* **YOUR INSTRUCTIONS**
The answer must be every line from the entries below that contains "Type".

* **Stored data entries**
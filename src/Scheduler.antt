-- ===== src/Scheduler.antt =====
-- `Engine` of internal/scheduler/scheduler.go. The cron library is a parameter over the world `W`: a
-- scheduler of the library is a number, as is an entry. A time is a number, and the zero time is 0.
pub mod Jobs
pub mod Component
use go_infra.Prelude.{ℕ, Bool, true, false, Option, none, some, List, [], ◌∷◌, map, if◌then◌else◌}
use go_infra.Prelude.Text.{Text}
use go_infra.Prelude.Sort.{text_leb}
use go_infra.Prelude.Dict.{Dict, lookup, insert}

-- An option of `cron.New`: the parser with optional seconds, or a location.
pub data CronOption : Type 0 where
  with_parser : CronOption
  with_location : Text → CronOption

pub record Entry : Type 0 where
  pub next : ℕ
  pub prev : ℕ

abbrev pub Job : Type 0 → Type 0
Job W = W → W

pub data Scheduled : Type 0 where
  entered : ℕ → Scheduled
  refused : Text → Scheduled

pub record Cron (W : Type 0) : Type 0 where
  pub new_cron : CronOption → W → ℕ × W
  pub add_entry : ℕ → Text → Job W → W → W × Scheduled
  pub remove_entry : ℕ → ℕ → W → W
  pub start_cron : ℕ → W → W
  pub stop_cron : ℕ → W → W
  pub entry : ℕ → ℕ → W → Entry

pub record JobInfo : Type 0 where
  pub id : ℕ
  pub name : Text
  pub spec : Text
  pub next : ℕ
  pub prev : ℕ

-- The counter of running tasks is left out.
pub record Engine : Type 0 where
  pub cron : ℕ
  pub panic_on_any_add_error : Bool
  pub job_info : Dict JobInfo
  pub stopped : Bool

abbrev pub cron_option : Option Text → CronOption
cron_option none = with_parser
cron_option (some location) = with_location location

-- What `AddFuncWithName` ends with.
pub data Added (W : Type 0) : Type 0 where
  panicked : Added W
  failed : Text → W → Added W
  added : ℕ → Engine → W → Added W

-- The order of `JobsInfo`.
insert_by_name : JobInfo → List JobInfo → List JobInfo
insert_by_name x [] = x ∷ []
insert_by_name x (y ∷ ys) =
    let rest = insert_by_name x ys in if text_leb x.name y.name then x ∷ y ∷ ys else y ∷ rest

sort_by_name : List JobInfo → List JobInfo
unfolding insert_by_name
sort_by_name [] = []
sort_by_name (x ∷ xs) = insert_by_name x (sort_by_name xs)

module _ {W : Type 0} (lib : Cron W) where
  unfoldable pub new_engine : Option Text → W → Engine × W
  new_engine location w =
      let (cron, w') = lib.new_cron (cron_option location) w in
      (record { cron = cron; panic_on_any_add_error = false; job_info = []; stopped = false }, w')

  add_entered : Text → Text → Engine → W × Scheduled → Added W
  add_entered spec action e (w, refused why) =
      if e.panic_on_any_add_error then panicked else failed why w
  add_entered spec action e (w, entered id) =
      let info : JobInfo = record { id = id; name = action; spec = spec; next = 0; prev = 0 } in
      added id (record e { job_info = insert action info e.job_info }) w

  unfoldable pub add_func_with_name : Text → Text → Job W → Engine → W → Added W
  unfolding add_entered
  add_func_with_name spec action process e w = elim (lookup action e.job_info) [
    | some info ↦ panicked
    | none ↦ add_entered spec action e (lib.add_entry e.cron spec process w)
  ]

  abbrev pub remove : ℕ → Engine → W → W
  remove id e w = lib.remove_entry e.cron id w

  abbrev pub start : Engine → W → W
  start e w = lib.start_cron e.cron w

  abbrev pub stop : Engine → W → Engine × W
  stop e w = (record e { stopped = true }, lib.stop_cron e.cron w)

  -- A job with the times of its entry.
  abbrev pub timed : Engine → W → JobInfo → JobInfo
  timed e w info =
      let entry = lib.entry e.cron info.id w in record info { next = entry.next; prev = entry.prev }

  -- `JobsInfo`; `ranged` are the jobs in the order in which the map is ranged over.
  unfoldable pub jobs_info : List JobInfo → Engine → W → List JobInfo
  unfolding sort_by_name
  jobs_info ranged e w = sort_by_name (map (timed e w) ranged)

* **RESPONSE TO THE TASK**
pub data CronOption : Type 0 where
pub record Entry : Type 0 where
abbrev pub Job : Type 0 → Type 0
pub data Scheduled : Type 0 where
pub record Cron (W : Type 0) : Type 0 where
pub record JobInfo : Type 0 where
pub record Engine : Type 0 where
pub data Added (W : Type 0) : Type 0 where
module _ {W : Type 0} (lib : Cron W) where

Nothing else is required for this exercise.